Sox hope extra rest benefits Peavy
White Sox starting pitcher Gavin Floyd throws during the first inning of a baseball game against the Kansas City Royals, Tuesday, Sept. 18, 2012, in Kansas City, Mo.
The White Sox' starting rotation continues to change by the day, if not the hour and minute.
Before Tuesday's loss to the Indians, manager Robin Ventura confirmed veteran Jake Peavy is going to be pushed back a day, from Wednesday to Thursday, and hopefully benefit from the extra rest.
Hector Santiago makes a spot start for Peavy on Wednesday, and it sounded like the rest of the Sox' rotation was also going to be moved back a day.
"Most of it is just getting those guys an extra day," Ventura said. "Even watching Chris (Sale on Monday) night, he's at a different point than he's been at in his career. It's just good to get him an extra day. Whenever that's happened, he's been a little stronger."
Later, the White Sox announced Gavin Floyd is going to start Friday, Chris Sale on Saturday and Sunday is TBA.
Floyd and Sale would go on regular four days rest, and Sale would also be lined up to pitch a potential Game 163 tiebreaker against the Tigers, as would Justin Verlander for Detroit.
Hector Santiago makes his third start of the season for the Sox on Wednesday night.
The left-hander opened the season as the White Sox' closer and has made 38 relief appearances.
Santiago isn't fully stretched out, so the Sox would gladly settle for 4-5 quality innings.
"A couple days before, you want to go 6-7-8 (innings)," Santiago said. "But the day of the start, you get to the first, get through the second and go one by one and try to go as deep as you can."
In his 2 starts, Santiago has allowed 1 run in 9 innings while striking out 14.
Power over average:
Adam Dunn ranks near the top of American League leaders with 41 home runs.
He also ranks near the bottom with a .209 batting average.
According to White Sox hitting coach Jeff Manto, Dunn is capable of hitting for a much higher average.
"If he wanted to, he could probably hit .280 to .300, without question," Manto said. "He's one of the most athletic, big sluggers that I've ever been around. He can do lots of things. He chooses to drive the ball as hard as he can. If he wanted to go to left field more often, I'm sure he would. Right now, I don't know if we are calling for that. He's a special, special hitter."
Hawk's a homer:
In what should come as no surprise, Ken "Hawk" Harrelson was deemed the biggest homer among major-league broadcasters in a study done by the Wall Street Journal.

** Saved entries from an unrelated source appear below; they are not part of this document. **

-- ===== src/Osd/Frame/Straight.antt =====
-- The frame that `addOsd` does not turn, and the two copies that make it.
use jrtplib4android.Prelude.{
  ℕ, ◌+◌, ◌*◌, ◌-◌, ◌/◌, ◌<◌, ◌≤◌, ◌≡◌, refl, ap, ◌∙◌, inl, Option, none, some, List, arith, length,
  take, drop, ◌++◌, length-append, length-drop, get_elem?,
}
use jrtplib4android.Prelude.Bytes.{
  ◌>>=◌, slice, blit, slice-in, blit-in, length-slice, get_elem?-take-append, get_elem?-append,
  get_elem?-drop,
}
use jrtplib4android.Osd.Frame.{copy_pairs, turn_0}
use jrtplib4android.Osd.Frame.Blocks.{Fills-pair, copy_pairs-Fills}
use jrtplib4android.Osd.Frame.Turn.{frame_size}
use jrtplib4android.Osd.Frame.Picture.{Same, nv21, nv12, luma_at, chroma_at, place-fits}

-- The chroma of a frame that is not turned, with the bytes of each pair exchanged.
pub chroma_copy :
    (src d : List ℕ) (a b : ℕ)
    → frame_size a b ≤ length src
    → frame_size a b ≤ length d
    → let n : ℕ = 2 * a * (2 * b) in
      (e : List ℕ) × (copy_pairs src (λ r t. n + 2 * t) 1 ((n / 2 + 1) / 2) n d ≡ some e)
      × (length e ≡ length d)
      × ((i : ℕ) → i < n → get_elem? e i ≡ get_elem? d i)
      × ((column row : ℕ)
          → column < a
          → row < b
          → (get_elem? e (chroma_at a b column row) ≡ get_elem? src (chroma_at a b column row + 1))
            × (get_elem? e (chroma_at a b column row + 1)
                ≡ get_elem? src (chroma_at a b column row)))
chroma_copy src d a b enough room =
    let n : ℕ = 2 * a * (2 * b) in
    let pairs : ℕ → ℕ → ℕ = λ r t. n + 2 * t in
    let rounds : (n / 2 + 1) / 2 ≡ a * b = grind arith in
    let half : 2 * a * b ≡ 1 * (2 * (a * b)) = grind arith in
    let (e, ran, chroma) =
      copy_pairs-Fills src pairs 1 (a * b) n d (λ r t hr ht. omega (arith, half))
        (omega (arith, half)) in
    (
      e,
      ap (λ m. copy_pairs src pairs 1 m n d) rounds ∙ ran,
      chroma.same_size,
      λ i h. chroma.outside i (inl h),
      λ column row hc hr.
          let at : chroma_at a b column row ≡ n + 0 * (2 * (a * b)) + 2 * (row * a + column) =
            grind arith in
          let from : n + 2 * (row * a + column) ≡ chroma_at a b column row = grind arith in
          let turned : b * a ≡ a * b = grind arith in
          let (one, two) =
            Fills-pair src pairs 1 (a * b) n d e chroma 0 (row * a + column) (omega arith)
              (omega (arith, turned, place-fits row b a column hr hc)) in
          (
            ap (λ i. get_elem? e i) at ∙ (one ∙ ap (λ i. get_elem? src (i + 1)) from),
            ap (λ i. get_elem? e (i + 1)) at ∙ (two ∙ ap (λ i. get_elem? src i) from),
          ),
    )

-- The copy of the first `n` bytes of one buffer over those of another.
pub prefix_copy :
    (src dest : List ℕ) (n : ℕ)
    → n ≤ length src
    → n ≤ length dest
    → (d : List ℕ) × ((slice src 0 n >>= λ luma. blit dest 0 luma) ≡ some d)
      × (length d ≡ length dest)
      × ((i : ℕ) → i < n → get_elem? d i ≡ get_elem? src i)
      × ((i : ℕ) → n ≤ i → get_elem? d i ≡ get_elem? dest i)
prefix_copy src dest n enough room =
    let luma : List ℕ = take n src in
    let luma_size : length luma ≡ n = length-slice src 0 n (omega arith) in
    let behind : List ℕ = drop (0 + length luma) dest in
    (
      luma ++ behind,
      rw (slice-in src 0 n (omega arith), blit-in dest 0 luma (omega (arith, luma_size))),
      omega (arith, luma_size, length-append luma behind, length-drop (0 + length luma) dest),
      λ i h. get_elem?-take-append n src behind i (omega arith) h,
      λ i h.
          get_elem?-append luma behind i (i - n) (omega (arith, luma_size))
          ∙ (get_elem?-drop (0 + length luma) dest (i - n)
              ∙ ap (λ j. get_elem? dest j) (omega (arith, luma_size))),
    )

pub >>=_assoc :
    {A B C : Type 0} (o : Option A) (f : A → Option B) (k : B → Option C) (b : B)
    → (o >>= f) ≡ some b
    → (o >>= λ a. f a >>= k) ≡ k b
>>=_assoc none f k b h = absurd (ground arith)
>>=_assoc (some a) f k b h = rw h

pub turn_0-Same :
    (src dest : List ℕ) (a b : ℕ)
    → frame_size a b ≤ length src
    → frame_size a b ≤ length dest
    → (e : List ℕ) × (turn_0 src (2 * a) (2 * b) dest ≡ some e)
      × (length e ≡ length dest)
      × Same (nv12 a b e) (nv21 a b src)
unfolding turn_0
turn_0-Same src dest a b enough room =
    let n : ℕ = 2 * a * (2 * b) in
    let turned : 2 * b * (2 * a) ≡ n = grind arith in
    let (d, copied, d_size, luma, behind) = prefix_copy src dest n (omega arith) (omega arith) in
    let (e, ran, e_size, kept, pair) = chroma_copy src d a b enough (omega (arith, d_size)) in
    (
      e,
      >>=_assoc (slice src 0 n) (λ l. blit dest 0 l)
            (copy_pairs src (λ r t. n + 2 * t) 1 ((n / 2 + 1) / 2) n) d copied
          ∙ ran,
      e_size ∙ d_size,
      record {
        same_a = refl;
        same_b = refl;
        same_y = λ column row hc hr.
            let inside : luma_at a column row < n =
              omega (arith, turned, place-fits row (2 * b) (2 * a) column hr hc) in
            kept (luma_at a column row) inside ∙ luma (luma_at a column row) inside;
        same_u = λ column row hc hr. (pair column row hc hr).0;
        same_v = λ column row hc hr. (pair column row hc hr).1;
      },
    )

The newspaper analyzed broadcast crews for one winning home game this season and charted words like "we" and "us" while also tracking celebrations and over the top nicknames.
The WSJ evaluated Harrelson and partner Steve Stone during a July 5 home win over the Rangers and came up with 104 "biased comments."
The Indians' crew of Rick Manning and Matt Underwood was second with 23.
Harrelson is nearing the end of his 28th season in the TV booth and is well known for his rabid support and style.
"You just made my day," Harrelson told the WSJ. "That's the biggest compliment you could give me, to call me the biggest homer in baseball."